Sunday, December 1, 2019

Les Misérables: Boyz n the French Hood

By José Alberto Hermosillo

COLCOA FILM REVIEW: Brilliant, compelling, and unmerciful masterwork, “Les Misérables” is a fresh new approach to Victor Hugo’s magnum opus classic to today’s urban conflicting suburbs in France.

The winner of the Jury Prize at Cannes 2019, this film endures universal themes of inequality, marginalization, greed, and violence derived from social injustice.
 
Lodj Ly, director of  Les Misérables at COLCOA. Photo Jose Alberto Hermosillo, Festival in LA ©2019
 
Influenced by his experiences during the big-city project riots in 2005, director Lodj Ly adapted “Les Misérables” from his 2017 Award Winner short film.

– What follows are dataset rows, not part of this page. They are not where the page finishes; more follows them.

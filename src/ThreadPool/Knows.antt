-- ===== src/ThreadPool/Knows.antt =====
-- What the workers of RPC_util/ThreadPool.hpp know at each step of `do_work`, and who is on the way to the queue.
use cpp_rpc.Prelude.{
  ℕ, zero, suc, ◌+◌, ◌≤◌, ◌<◌, ◌≡◌, refl, ◌⊎◌, inr, Bool, true, Option, none, some, List, [], ◌∷◌,
  ◌++◌, arith, if◌then◌else◌, get_elem?, set, length, ◌==◌,
}
use mathlib.Core.Path.{subst}
use mathlib.Core.Option.{some-injective}
use cpp_rpc.ThreadPool.{
  Ready, unset, tag, Pc, parking, waiting, leaving, exited, testing, testing_exit, starting,
  calling, Pool, is_task,
}
use cpp_rpc.ThreadPool.Count.{total}

-- 1 if a notification lies there for a worker
unfoldable pub signal : Ready → ℕ
signal unset = 0
signal (tag t) = if t == 1 then 1 else 0

pub signal-le : (r : Ready) → signal r + 0 ≤ 1
unfolding signal
signal-le r = ground arith

module _ {A : Type 0} where
  unfoldable pub one_if : Option A → ℕ
  one_if none = 0
  one_if (some t) = 1

  -- 1 for a worker that comes back to the queue before it waits
  unfoldable pub active : Pc A → ℕ
  unfolding one_if
  active parking = 0
  active waiting = 0
  active leaving = 0
  active exited = 0
  active (testing t) = one_if t
  active (testing_exit t) = one_if t
  active pc = 1

  abbrev pub AllTasks : List (Option A) → Type 0
  AllTasks [] = Unit {0}
  AllTasks (t ∷ ts) = (is_task t ≡ true) × AllTasks ts

  -- what a worker at `pc` knows
  abbrev pub Knows : Bool → Pc A → Type 0
  Knows e (testing_exit t) = (is_task t ≡ true) ⊎ (e ≡ true)
  Knows e (starting t) = is_task t ≡ true
  Knows e (calling t) = is_task t ≡ true
  Knows e leaving = e ≡ true
  Knows e pc = Unit {0}

  abbrev pub AllKnow : Bool → List (Pc A) → Type 0
  AllKnow e [] = Unit {0}
  AllKnow e (pc ∷ pcs) = Knows e pc × AllKnow e pcs

  abbrev pub fetchers : Pool A → ℕ
  fetchers p = p.pushed + signal p.shared.ready + total active p.workers

  pub record NoneLost (p : Pool A) : Type 0 where
    pub tasks : AllTasks p.shared.tasks
    pub knows : AllKnow p.shared.exit p.workers
    pub fetched : (p.shared.exit ≡ true) ⊎ ((length p.shared.tasks ≡ 0) ⊎ (0 < fetchers p))

  pub AllKnow-get :
      (e : Bool) (pcs : List (Pc A)) (i : ℕ) (pc : Pc A)
      → get_elem? pcs i ≡ some pc
      → AllKnow e pcs
      → Knows e pc
  AllKnow-get e [] i pc g k = cc
  AllKnow-get e (q ∷ pcs) zero pc g k = subst (Knows e) (some-injective q pc g) k.0
  AllKnow-get e (q ∷ pcs) (suc i) pc g k = AllKnow-get e pcs i pc g k.1

  pub AllKnow-set :
      (e : Bool) (pcs : List (Pc A)) (i : ℕ) (pc : Pc A)
      → Knows e pc
      → AllKnow e pcs
      → AllKnow e (set pcs i pc)
  AllKnow-set e [] i pc h k = tt
  AllKnow-set e (q ∷ pcs) zero pc h k = (h, k.1)
  AllKnow-set e (q ∷ pcs) (suc i) pc h k = (k.0, AllKnow-set e pcs i pc h k.1)

  pub Knows-exit : (pc : Pc A) (e : Bool) → Knows e pc → Knows true pc
  Knows-exit (testing_exit t) e k = inr refl
  Knows-exit (starting t) e k = k
  Knows-exit (calling t) e k = k
  Knows-exit leaving e k = refl
  Knows-exit _ e k = tt

  pub AllKnow-exit : (pcs : List (Pc A)) (e : Bool) → AllKnow e pcs → AllKnow true pcs
  AllKnow-exit [] e k = tt
  AllKnow-exit (q ∷ pcs) e k = (Knows-exit q e k.0, AllKnow-exit pcs e k.1)

  pub AllTasks-append : (ts : List (Option A)) (t : A) → AllTasks ts → AllTasks (ts ++ some t ∷ [])
  unfolding is_task
  AllTasks-append [] t k = (refl, tt)
  AllTasks-append (q ∷ ts) t k = (k.0, AllTasks-append ts t k.1)
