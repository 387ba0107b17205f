-- ===== src/ThreadPool/Keeps.antt =====
-- What one step of a worker of RPC_util/ThreadPool.hpp keeps.
use cpp_rpc.Prelude.{
  ◌+◌, ◌≤◌, ◌≡◌, refl, ap, ◌⊎◌, inl, inr, Bool, true, false, not, ◌&&◌, Option, none, some, List,
  [], ◌∷◌, arith, if◌then◌else◌, length, ◌==◌, Bool-cases,
}
use cpp_rpc.ThreadPool.{
  Ready, unset, tag, Pc, taking, parking, waiting, woken, leaving, exited, testing, testing_exit,
  starting, calling, Shared, work, wait, take_task, is_task,
}
use cpp_rpc.ThreadPool.Knows.{signal, signal-le, one_if, active, AllTasks, Knows}

module _ {A : Type 0} where
  -- what one step of a worker keeps
  pub record Kept (s s' : Shared A) (pc pc' : Pc A) : Type 0 where
    pub same_exit : s'.exit ≡ s.exit
    pub no_more : length s'.tasks ≤ length s.tasks
    pub tasks : AllTasks s'.tasks
    pub knows : Knows s'.exit pc'
    pub fetched :
        (s.exit ≡ true)
        ⊎ ((length s'.tasks ≡ 0) ⊎ (signal s.ready + active pc ≤ signal s'.ready + active pc'))

  abbrev pub KeptBy : Shared A → Pc A → Option (Shared A × Pc A) → Type 0
  KeptBy s pc none = Unit {0}
  KeptBy s pc (some (s', pc')) = Kept s s' pc pc'

  take_keeps :
      (s : Shared A) (ts : List (Option A))
      → s.tasks ≡ ts
      → AllTasks ts
      → KeptBy s taking (some (record s { tasks = (take_task ts).1 }, testing (take_task ts).0))
  unfolding take_task active one_if is_task
  take_keeps s [] h a = record {
    same_exit = refl;
    no_more = omega arith;
    tasks = tt;
    knows = tt;
    fetched = inr (inl refl);
  }
  take_keeps s (some t ∷ ts) h a = record {
    same_exit = refl;
    no_more = omega (arith, ap length h);
    tasks = a.1;
    knows = tt;
    fetched = inr (inr (omega arith));
  }
  take_keeps s (none ∷ ts) h a = absurd (ground (arith, a.0))

  test_keeps :
      (s : Shared A) (e : Bool)
      → s.exit ≡ e
      → AllTasks s.tasks
      → KeptBy s (testing none) (
          if not (is_task {A = A} none) && not e
          then some (s, parking)
          else some (s, testing_exit none))
  unfolding active one_if is_task
  test_keeps s false h a = record {
    same_exit = refl;
    no_more = omega arith;
    tasks = a;
    knows = tt;
    fetched = inr (inr (omega arith));
  }
  test_keeps s true h a = record {
    same_exit = refl;
    no_more = omega arith;
    tasks = a;
    knows = inr h;
    fetched = inl h;
  }

  test_exit_keeps :
      (s : Shared A) (e : Bool)
      → s.exit ≡ e
      → AllTasks s.tasks
      → Knows {A = A} e (testing_exit none)
      → KeptBy s
          (testing_exit none)
          (if not (is_task {A = A} none) && e then some (s, leaving) else some (s, starting none))
  unfolding active one_if is_task
  test_exit_keeps s false h a k = absurd (ground (arith, k))
  test_exit_keeps s true h a k = record {
    same_exit = refl;
    no_more = omega arith;
    tasks = a;
    knows = h;
    fetched = inl h;
  }

  wake_keeps :
      (s : Shared A) (r : Ready)
      → s.ready ≡ r
      → AllTasks s.tasks
      → KeptBy s waiting
          (elim (wait 1 r) [ none ↦ none | some q ↦ some (record s { ready = q }, woken) ])
  unfolding wait signal active
  wake_keeps s unset h a = tt
  wake_keeps s (tag t) h a = elim (Bool-cases (t == 1)) [
    | inl e ↦ rw e (record {
      same_exit = refl;
      no_more = omega arith;
      tasks = a;
      knows = tt;
      fetched = inr (inr (signal-le s.ready));
    })
    | inr e ↦ rw e tt
  ]

  pub work_keeps :
      (s : Shared A) (pc : Pc A) → AllTasks s.tasks → Knows s.exit pc → KeptBy s pc (work s pc)
  unfolding work active one_if is_task
  work_keeps s taking a k = take_keeps s s.tasks refl a
  work_keeps s (testing none) a k = test_keeps s s.exit refl a
  work_keeps s (testing_exit none) a k = test_exit_keeps s s.exit refl a k
  work_keeps s waiting a k = wake_keeps s s.ready refl a
  work_keeps s exited a k = tt
  work_keeps s (calling none) a k = tt
  work_keeps s (starting none) a k = absurd (ground (arith, k))
  work_keeps s (starting (some t)) a k = record {
    same_exit = refl;
    no_more = omega arith;
    tasks = a;
    knows = refl;
    fetched = inr (inr (omega arith));
  }
  work_keeps s (testing_exit (some t)) a k = record {
    same_exit = refl;
    no_more = omega arith;
    tasks = a;
    knows = refl;
    fetched = inr (inr (omega arith));
  }
  work_keeps s (testing (some t)) a k = record {
    same_exit = refl;
    no_more = omega arith;
    tasks = a;
    knows = inl refl;
    fetched = inr (inr (omega arith));
  }
  work_keeps s leaving a k = record {
    same_exit = refl;
    no_more = omega arith;
    tasks = a;
    knows = tt;
    fetched = inl k;
  }
  work_keeps s _ a k = record {
    same_exit = refl;
    no_more = omega arith;
    tasks = a;
    knows = tt;
    fetched = inr (inr (omega arith));
  }
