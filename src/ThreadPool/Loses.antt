-- ===== src/ThreadPool/Loses.antt =====
-- `wait_for_job_finish` of RPC_util/ThreadPool.hpp and a task that nobody takes: a worker that has found no
-- task and reads `m_exit` afterwards takes an exit for the end of the work.
use cpp_rpc.Prelude.{
  ℕ, zero, suc, ◌<◌, ◌≡◌, ◌^◌, refl, sym, ap, ◌∙◌, true, none, some, List, [], ◌∷◌, ◌++◌, arith,
  get_elem?, set, length, replicate,
}
use cpp_rpc.Int32.{sub_int}
use cpp_rpc.ThreadPool.{
  Pc, exited, leaving, testing, testing_exit, Pool, Shared, works, work, is_task, worker_step,
  notify_all, step, quit_notifies, QuitPc, exiting, polling, returned, notifying, joining,
  is_exited, quit_step,
}
use cpp_rpc.ThreadPool.Joins.{Act, others, quits, act, run_quit}

-- 1 off an `int`, that many times
sub_times : ℕ → ℕ → ℕ
sub_times zero r = r
sub_times (suc m) r = sub_times m (sub_int r 1)

sub_times_all : (m : ℕ) → m < 2 ^ 32 → sub_times m m ≡ 0
unfolding sub_times
sub_times_all zero h = refl
sub_times_all (suc m) h =
    let e : sub_int (suc m) 1 ≡ m = omega arith in rw e (sub_times_all m (omega arith))

module _ {A : Type 0} where
  run_quit-append :
      (ds bs : List (Act A)) (q : Pool A × QuitPc)
      → run_quit (ds ++ bs) q ≡ run_quit bs (run_quit ds q)
  unfolding run_quit
  run_quit-append [] bs q = refl
  run_quit-append (a ∷ ds) bs q = run_quit-append ds bs (act a q)

  -- the worker at `k`, behind `k` others
  get_elem?-at :
      (k : ℕ) (x pc : Pc A) (ws : List (Pc A)) → get_elem? (replicate k x ++ pc ∷ ws) k ≡ some pc
  get_elem?-at zero x pc ws = refl
  get_elem?-at (suc k) x pc ws = get_elem?-at k x pc ws

  set-at :
      (k : ℕ) (x pc pc' : Pc A) (ws : List (Pc A))
      → set (replicate k x ++ pc ∷ ws) k pc' ≡ replicate k x ++ pc' ∷ ws
  set-at zero x pc pc' ws = refl
  set-at (suc k) x pc pc' ws = ap (◌∷◌ x) (set-at k x pc pc' ws)

  replicate-snoc :
      (k : ℕ) (x : Pc A) (ws : List (Pc A)) → replicate k x ++ x ∷ ws ≡ replicate (suc k) x ++ ws
  replicate-snoc zero x ws = refl
  replicate-snoc (suc k) x ws = ap (◌∷◌ x) (replicate-snoc k x ws)

  -- the pool while the thread waits, at `m_running` = `r`
  leaving_pool : Pool A → ℕ → List (Pc A) → Pool A
  leaving_pool p r ws = record p {
    shared = record (p.shared) { exit = true; running = r };
    workers = ws;
  }

  moves :
      (p : Pool A) (k : ℕ) (pc pc' : Pc A) (ws : List (Pc A)) (s : Shared A)
      → p.workers ≡ replicate k exited ++ pc ∷ ws
      → work p.shared pc ≡ some (s, pc')
      → worker_step p k ≡ record p { shared = s; workers = replicate k exited ++ pc' ∷ ws }
  unfolding worker_step
  moves p k pc pc' ws s e w =
      let at : get_elem? p.workers k ≡ some pc =
        ap (λ xs. get_elem? xs k) e ∙ get_elem?-at k exited pc ws in
      let there : set p.workers k pc' ≡ replicate k exited ++ pc' ∷ ws =
        ap (λ xs. set xs k pc') e ∙ set-at k exited pc pc' ws in
      rw (worker_step, at) (rw w (rw there refl))

  -- the three steps of a worker from its test to its return
  leaves :
      (p : Pool A) (r k : ℕ) (ws : List (Pc A)) (pc : QuitPc)
      → run_quit
          (replicate 3 (others (works k)))
          (leaving_pool p r (replicate k exited ++ testing none ∷ ws), pc)
        ≡ (leaving_pool p (sub_int r 1) (replicate (suc k) exited ++ ws), pc)
  unfolding run_quit act step leaving_pool work is_task
  leaves p r k ws pc =
      let q = leaving_pool p r in
      let q' = leaving_pool p (sub_int r 1) in
      let one =
        moves (q (replicate k exited ++ testing none ∷ ws)) k (testing none) (testing_exit none) ws
          (q []).shared refl refl in
      let two =
        moves (q (replicate k exited ++ testing_exit none ∷ ws)) k (testing_exit none) leaving ws
          (q []).shared refl refl in
      let three =
        moves (q (replicate k exited ++ leaving ∷ ws)) k leaving exited ws (q' []).shared refl
          refl in
      rw (one, two, three, replicate-snoc k exited ws) refl

  leave_acts : ℕ → ℕ → List (Act A)
  leave_acts k zero = []
  leave_acts k (suc m) = replicate 3 (others (works k)) ++ leave_acts (suc k) m

  all_leave :
      (p : Pool A) (r k m : ℕ) (pc : QuitPc)
      → run_quit
          (leave_acts k m)
          (leaving_pool p r (replicate k exited ++ replicate m (testing none)), pc)
        ≡ (leaving_pool p (sub_times m r) (replicate k exited ++ replicate m exited), pc)
  unfolding leave_acts sub_times run_quit
  all_leave p r k zero pc = refl
  all_leave p r k (suc m) pc =
      run_quit-append (replicate 3 (others (works k))) (leave_acts (suc k) m)
        (leaving_pool p r (replicate k exited ++ replicate (suc m) (testing none)), pc)
      ∙ ap (run_quit (leave_acts (suc k) m)) (leaves p r k (replicate m (testing none)) pc)
      ∙ all_leave p (sub_int r 1) (suc k) m pc
      ∙ ap (λ ws. (leaving_pool p (sub_times m (sub_int r 1)) ws, pc))
          (sym (replicate-snoc k exited (replicate m exited)))

  notifies_all :
      (q : Pool A) (k : ℕ)
      → (q' : Pool A) × (run_quit (replicate (suc k) quits) (q, notifying k) ≡ (q', joining 0))
        × (q'.workers ≡ q.workers)
        × (q'.shared.tasks ≡ q.shared.tasks)
  unfolding run_quit act quit_step step notify_all
  notifies_all q zero = (q, refl, refl, refl)
  notifies_all q (suc k) = notifies_all (step q quit_notifies) k

  get_elem?-end : (k : ℕ) (x : Pc A) → get_elem? (replicate k x ++ []) k ≡ none
  get_elem?-end zero x = refl
  get_elem?-end (suc k) x = get_elem?-end k x

  joins_one :
      (q : Pool A) (i : ℕ)
      → get_elem? q.workers i ≡ some exited
      → act quits (q, joining i) ≡ (q, joining (suc i))
  unfolding act quit_step is_exited
  joins_one q i e = rw (act, quit_step, e) refl

  joins_end :
      (q : Pool A) (i : ℕ) → get_elem? q.workers i ≡ none → act quits (q, joining i) ≡ (q, returned)
  unfolding act quit_step
  joins_end q i e = rw (act, quit_step, e) refl

  joins_all :
      (q : Pool A) (i m : ℕ)
      → q.workers ≡ replicate i exited ++ replicate m exited
      → run_quit (replicate (suc m) quits) (q, joining i) ≡ (q, returned)
  unfolding run_quit
  joins_all q i zero e = joins_end q i (ap (λ ws. get_elem? ws i) e ∙ get_elem?-end i exited)
  joins_all q i (suc m) e =
      ap (run_quit (replicate (suc m) quits)) (
        joins_one q i
          (ap (λ ws. get_elem? ws i) e ∙ get_elem?-at i exited exited (replicate m exited)))
      ∙ joins_all q (suc i) m (e ∙ replicate-snoc i exited (replicate m exited))

  -- `wait_for_job_finish` does not wait for every job: if it is called while each of the workers has just
  -- found the queue empty and not read `m_exit` yet, and tasks have been queued since, then on some
  -- schedule it returns with all those tasks in the queue and no worker left to run them.
  pub wait_for_job_finish_loses :
      (p : Pool A) (n : ℕ)
      → p.workers ≡ replicate n (testing none)
      → p.shared.running ≡ n
      → n < 2 ^ 32
      → (acts : List (Act A)) × (p' : Pool A) × (run_quit acts (p, exiting) ≡ (p', returned))
        × (p'.shared.tasks ≡ p.shared.tasks)
        × (p'.workers ≡ replicate n exited)
  unfolding run_quit act quit_step step leaving_pool
  wait_for_job_finish_loses p n e r small =
      let q0 = leaving_pool p p.shared.running p.workers in
      let q1 = leaving_pool p 0 (replicate n exited) in
      let enters : (q0, polling) ≡ (leaving_pool p n (replicate n (testing none)), polling) =
        rw (e, r) refl in
      let idle : (leaving_pool p (sub_times n n) (replicate n exited), polling) ≡ (q1, polling) =
        ap (λ m. (leaving_pool p m (replicate n exited), polling)) (sub_times_all n small) in
      let (q2, notified, same, kept) = notifies_all q1 (length (replicate n exited)) in
      let second = replicate (suc (length (replicate n exited))) quits in
      let third = replicate (suc n) quits in
      (
        (quits ∷ leave_acts 0 n) ++ (quits ∷ second ++ third),
        q2,
        run_quit-append (quits ∷ leave_acts 0 n) (quits ∷ second ++ third) (p, exiting)
            ∙ ap (run_quit (quits ∷ second ++ third))
                (ap (run_quit (leave_acts 0 n)) enters ∙ all_leave p n 0 n polling ∙ idle)
            ∙ run_quit-append second third (q1, notifying (length (replicate n exited)))
            ∙ ap (run_quit third) notified
            ∙ joins_all q2 0 n same,
        kept,
        same,
      )
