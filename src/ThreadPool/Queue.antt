-- ===== src/ThreadPool/Queue.antt =====
-- `TaskQueue` of RPC_util/ThreadPool.hpp is a FIFO.
use cpp_rpc.Prelude.{
  ◌≡◌, refl, sym, ap, ◌∙◌, Option, none, some, List, [], ◌∷◌, ◌++◌, append_assoc, append-nil,
}
use mathlib.Core.Path.{subst}
use cpp_rpc.ThreadPool.{append_task, take_task}

-- the calls that the threads make, in the order in which they get the mutex
pub data QueueCall (A : Type 0) : Type 0 where
  append : A → QueueCall A
  take : QueueCall A

module _ {A : Type 0} where
  -- the queue after the calls, and the tasks that `take_task` handed out, in order
  pub serve : List (Option A) → List (QueueCall A) → List (Option A) × List A
  serve q [] = (q, [])
  serve q (append t ∷ cs) = serve (append_task q (some t)) cs
  serve q (take ∷ cs) =
      let (t, q') = take_task q in
      let (q'', ts) = serve q' cs in (q'', elim t [ none ↦ ts | some a ↦ a ∷ ts ])

  pub appended : List (QueueCall A) → List (Option A)
  appended [] = []
  appended (append t ∷ cs) = some t ∷ appended cs
  appended (take ∷ cs) = appended cs

  pub wrap : List A → List (Option A)
  wrap [] = []
  wrap (a ∷ q) = some a ∷ wrap q

  wrap-append : (q : List A) (t : A) → wrap (q ++ t ∷ []) ≡ wrap q ++ some t ∷ []
  unfolding wrap
  wrap-append [] t = refl
  wrap-append (a ∷ q) t = ap (◌∷◌ (some a)) (wrap-append q t)

  serve_from :
      (q : List A) (cs : List (QueueCall A))
      → wrap (serve (wrap q) cs).1 ++ (serve (wrap q) cs).0 ≡ wrap q ++ appended cs
  unfolding serve appended wrap append_task take_task
  serve_from q [] = sym (append-nil (wrap q))
  serve_from q (append t ∷ cs) =
      subst (λ x. wrap (serve x cs).1 ++ (serve x cs).0 ≡ wrap q ++ (some t ∷ appended cs))
        (wrap-append q t)
        (serve_from (q ++ t ∷ []) cs
          ∙ ap (λ x. x ++ appended cs) (wrap-append q t)
          ∙ append_assoc (wrap q) (some t ∷ []) (appended cs))
  serve_from [] (take ∷ cs) = serve_from [] cs
  serve_from (a ∷ q) (take ∷ cs) = ap (◌∷◌ (some a)) (serve_from q cs)

  -- Whatever the order in which producers and workers get the mutex, the tasks handed out, followed
  -- by those still queued, are the tasks appended, in order: none is lost, doubled or overtaken.
  pub serve_fifo : (cs : List (QueueCall A)) → wrap (serve [] cs).1 ++ (serve [] cs).0 ≡ appended cs
  unfolding wrap
  serve_fifo cs = serve_from [] cs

The timing of this astonishing film debut couldn’t be any better, as Lodj’s story departs from the eruption of the collective euphoria on the streets of Paris, motivated by the victorious celebration of FIFA’S Soccer World Cup Championship won by France in Russia’s 2018. The event unified the country and sparked its social differences as well.
 

The film moves from the iconic Parisian monuments to the not-so-charming projects of Montfermeil, 10 miles east of Paris. Inside those tiny apartments in the middle of the raucous building construction area, people pile up, surviving with limited resources and difficult circumstances.

 
As the camera moves in, conspicuously, we start learning more about the composition of the new French society integrated by Africans, Muslims, and Middle East immigrants. Their descendants: hundreds of youngsters out on the streets, as a chorus of this never-ending operatic composition trying to tell us something more meaningful and substantial about people’s struggles.

From the very beginning, the antagonistic groups line up. Among those - are the gypsies owners of a colorful circus - the black immigrants, the mafia guys, the Muslim Brotherhood, and the shady cops.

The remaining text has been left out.